RNA regulation has important roles in shaping cell-specific gene expression patterns and organism development, functioning to diversify genetic output and providing multiple regulatory layers at which gene expression can be finely controlled. On one hand, alternative splicing and RNA editing largely expand the number/possibility of functions encoded by protein-coding genes, and more importantly, evolutionary changes of alternative splicing and RNA editing in transcriptome level underlie structural and regulatory differences associated with species-specific characteristics. On the other hand, the multifaceted transcriptome has become even more complex with the pervasive transcription of noncoding RNAs (ncRNAs), leading to new appreciation of transcription regulation, especially from noncoding regions. With technological improvements and the application of integrated methodologies, significant progress has been achieved in uncovering new noncoding molecules and achieving new insights into their functions. Specifically, our group is applying high throughput sequencing methods combined with genetic, biochemical, and bioinformatic strategies to focus on identifying and characterizing new isoforms of regulatory long noncoding RNAs (lncRNAs) by developing novel computational pipelines/algorithms and high throughput sequencing technologies in the whole transcriptome level.
Recently, a variety of lncRNAs have been systematically revealed from different tissues and species with clear characteristics distinguishing them from coding RNAs by massive transcriptome analyses with high-throughput technologies (including tiling arrays and RNA-seq) that are of high coverage, high sensitivity, and high efficiency, representing an evolutionary leap in our methodology for lncRNA characterization. Our recent studies have identified and determined new types of poly(A)– lncRNAs, including sno-lncRNAs and circular RNAs from excised introns or back-spliced exons, and these new findings have inspired new insights into the study of lncRNAs. Despite this progress, a number of important issues remain to be illustrated for better understanding of lncRNAs. For example, what are the detailed mechanisms for poly(A)– lncRNA biogenesis? What are the landscapes of these poly(A)– lncRNA expression in specific tissues/species and what are the connections of specific expression repertoires with specific tissue/species function? In addition, what kinds of miRNAs/proteins are associated with specific structures/motifs of these poly(A)– lncRNA for their functional regulation?

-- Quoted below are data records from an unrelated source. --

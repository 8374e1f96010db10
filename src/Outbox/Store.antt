-- ===== src/Outbox/Store.antt =====
-- app/outbox/service.py, `OutboxStore`, over the table `outbox_events` of app/persistence/models.py.
-- The table is the list of its rows; a SELECT filters, sorts and cuts it. Times are instants in
-- microseconds, ids are numbers, and a draw of `random.uniform` comes with the result it is for.
pub mod Claims
pub mod Lifecycle
pub mod Retry
pub mod Recovery
use clock_ha_orchestrator.Prelude.{
  ℕ, zero, suc, ◌+◌, ◌-◌, ◌*◌, ◌^◌, ◌≤◌, min, Bool, true, false, not, ◌&&◌, ◌||◌, Option, none,
  some, List, [], ◌∷◌, map, String, ltb, leb, ◌==◌, if◌then◌else◌, any, length, select, sorted_by,
  take,
}

-- `OutboxEvent.status`
pub data Status : Type 0 where
  pending retrying publishing published dead_letter : Status

pub record OutboxEvent : Type 0 where
  pub id : ℕ
  pub topic : String
  pub payload : String
  pub qos : ℕ
  pub retain : Bool
  pub status : Status
  pub attempts : ℕ
  pub next_attempt_at : Option ℕ
  pub created_at : ℕ
  pub published_at : Option ℕ
  pub claimed_at : Option ℕ
  pub claimed_by : Option String
  pub last_error : Option String

pub record PendingOutboxMessage : Type 0 where
  pub id : ℕ
  pub topic : String
  pub payload : String
  pub qos : ℕ
  pub retain : Bool
  pub attempts : ℕ

pub record OutboxPublishResult : Type 0 where
  pub message_id : ℕ
  pub published : Bool
  pub published_at : Option ℕ
  pub error : Option String

pub record OutboxRetryPolicy : Type 0 where
  pub max_attempts : ℕ
  pub base_delay_seconds : ℕ
  pub max_delay_seconds : ℕ
  pub jitter_seconds : ℕ

abbrev pub second : ℕ
second = 1000000

-- `status IN ('pending', 'retrying')`
abbrev pub is_waiting : Status → Bool
is_waiting Status.pending = true
is_waiting Status.retrying = true
is_waiting _ = false

abbrev pub is_publishing : Status → Bool
is_publishing Status.publishing = true
is_publishing _ = false

abbrev pub is_dead : Status → Bool
is_dead Status.dead_letter = true
is_dead _ = false

-- `next_attempt_at IS NULL OR next_attempt_at <= now`
abbrev pub is_due : ℕ → Option ℕ → Bool
is_due now none = true
is_due now (some t) = leb t now

unfoldable pub is_claimable : ℕ → OutboxEvent → Bool
is_claimable now row = is_waiting row.status && is_due now row.next_attempt_at

-- `FOR UPDATE SKIP LOCKED`: the rows that other transactions hold are passed over.
abbrev pub claimable : (ℕ → Bool) → ℕ → ℕ → List OutboxEvent → List OutboxEvent
claimable locked now limit rows = take limit (
    sorted_by (λ r. r.created_at)
      (sorted_by (λ r. r.id) (select (λ r. is_claimable now r && not (locked r.id)) rows)))

abbrev pub claim_row : String → ℕ → OutboxEvent → OutboxEvent
claim_row worker_id now row = record row {
  status = Status.publishing;
  claimed_at = some now;
  claimed_by = some worker_id;
}

-- The rows of a query, as the session holds them: an assignment to one changes the row of its id.
abbrev pub update_rows :
    (OutboxEvent → OutboxEvent) → List OutboxEvent → List OutboxEvent → List OutboxEvent
update_rows change chosen rows =
    map (λ r. if any (λ c. c.id == r.id) chosen then change r else r) rows

abbrev pub pending_message : OutboxEvent → PendingOutboxMessage
pending_message row = record {
  id = row.id;
  topic = row.topic;
  payload = row.payload;
  qos = row.qos;
  retain = row.retain;
  attempts = row.attempts;
}

unfoldable pub claim_pending :
    (ℕ → Bool) → String → ℕ → ℕ → List OutboxEvent → List PendingOutboxMessage × List OutboxEvent
claim_pending locked worker_id now limit rows = (
  map pending_message (claimable locked now limit rows),
  update_rows (claim_row worker_id now) (claimable locked now limit rows) rows,
)

-- In microseconds; `draw` is what `random.uniform(0, jitter_seconds)` returns.
unfoldable pub retry_delay : OutboxRetryPolicy → ℕ → ℕ → ℕ
retry_delay policy draw attempts =
    min (policy.base_delay_seconds * 2 ^ (attempts - 1)) policy.max_delay_seconds * second
    + (if ltb 0 policy.jitter_seconds then draw else 0)

-- `result.published_at or now`
abbrev pub published_time : Option ℕ → ℕ → ℕ
published_time none now = now
published_time (some t) now = t

unfoldable pub record_success : OutboxPublishResult → ℕ → OutboxEvent → OutboxEvent
record_success result now row = record row {
  claimed_at = none;
  claimed_by = none;
  status = Status.published;
  published_at = some (published_time result.published_at now);
  last_error = none;
  next_attempt_at = none;
}

unfoldable pub record_failure :
    OutboxRetryPolicy → OutboxPublishResult → ℕ → ℕ → OutboxEvent → OutboxEvent
record_failure policy result draw now row =
    let counted = record row {
      claimed_at = none;
      claimed_by = none;
      attempts = row.attempts + 1;
      last_error = result.error;
    } in
    if leb policy.max_attempts (row.attempts + 1)
    then record counted { status = Status.dead_letter; next_attempt_at = none }
    else record counted {
      status = Status.retrying;
      next_attempt_at = some (now + retry_delay policy draw (row.attempts + 1));
    }

unfoldable pub record_result :
    OutboxRetryPolicy → OutboxPublishResult → ℕ → ℕ → OutboxEvent → OutboxEvent
unfolding record_success record_failure
record_result policy result draw now row =
    if result.published
    then record_success result now row
    else record_failure policy result draw now row

-- `session.get(OutboxEvent, id)` finds the row of that primary key, or none.
unfoldable pub apply_result :
    OutboxRetryPolicy → ℕ → OutboxPublishResult × ℕ → List OutboxEvent → List OutboxEvent
apply_result policy now (result, draw) rows =
    map (λ r. if r.id == result.message_id then record_result policy result draw now r else r) rows

unfoldable pub record_results :
    OutboxRetryPolicy → List (OutboxPublishResult × ℕ) → ℕ → List OutboxEvent → List OutboxEvent
record_results policy [] now rows = rows
record_results policy (r ∷ rs) now rows =
    record_results policy rs now (apply_result policy now r rows)

-- `claimed_at < now - older_than`, where NULL compares as no.
abbrev pub claimed_before : Option ℕ → ℕ → Bool
claimed_before none t = false
claimed_before (some c) t = ltb c t

unfoldable pub is_stale : ℕ → ℕ → OutboxEvent → Bool
is_stale now older_than row =
    is_publishing row.status && claimed_before row.claimed_at (now - older_than)

abbrev pub release_row : ℕ → OutboxEvent → OutboxEvent
release_row now row = record row {
  status = Status.retrying;
  claimed_at = none;
  claimed_by = none;
  next_attempt_at = some now;
}

unfoldable pub release_stale_publishing : ℕ → ℕ → List OutboxEvent → ℕ × List OutboxEvent
release_stale_publishing now older_than rows = (
  length (select (is_stale now older_than) rows),
  update_rows (release_row now) (select (is_stale now older_than) rows) rows,
)

abbrev pub requeue_row : ℕ → OutboxEvent → OutboxEvent
requeue_row now row = record row {
  status = Status.retrying;
  next_attempt_at = some now;
  last_error = none;
  claimed_at = none;
  claimed_by = none;
}

unfoldable pub retry_dead_letters : ℕ → List OutboxEvent → ℕ × List OutboxEvent
retry_dead_letters now rows = (
  length (select (λ r. is_dead r.status) rows),
  update_rows (requeue_row now) (select (λ r. is_dead r.status) rows) rows,
)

To address these questions, we are carrying out a series of work to focus on decoding the regulatory network of poly(A)– lncRNAs across species. First, we further improve computational algorithms for poly(A)– lncRNA identification and their function predication in different species. Second, with the application of high-throughput poly(A)– RNA sequencing and aforementioned algorithms, we are in the progress of systematically profiling various of poly(A)– lncRNAs from different species and cell lines. In addition, we plan to knock down/knock out some key enzymes that are known to involve in lncRNA biogenesis to identify more poly(A)– lncRNA across species. Moreover, we will predict and validate possible conserved/consensus motifs in poly(A)– lncRNAs across species to decipher their importance for lncRNA biogenesis during evolution. Furthermore, we plan to identify any possible protein, RNA and DNA partners that bind to specific poly(A)– lncRNAs by performing state-of-the-art binding assays, such as CHART (Capture Hybridization Analysis of RNA Targets) and ChIRP (Chromatin Isolation by RNA Purification). Finally, we have obtain human embryonic stem cells with specific poly(A)– lncRNA repression and are ready to fully address their potential functions by checking the genome-wide gene expression changes.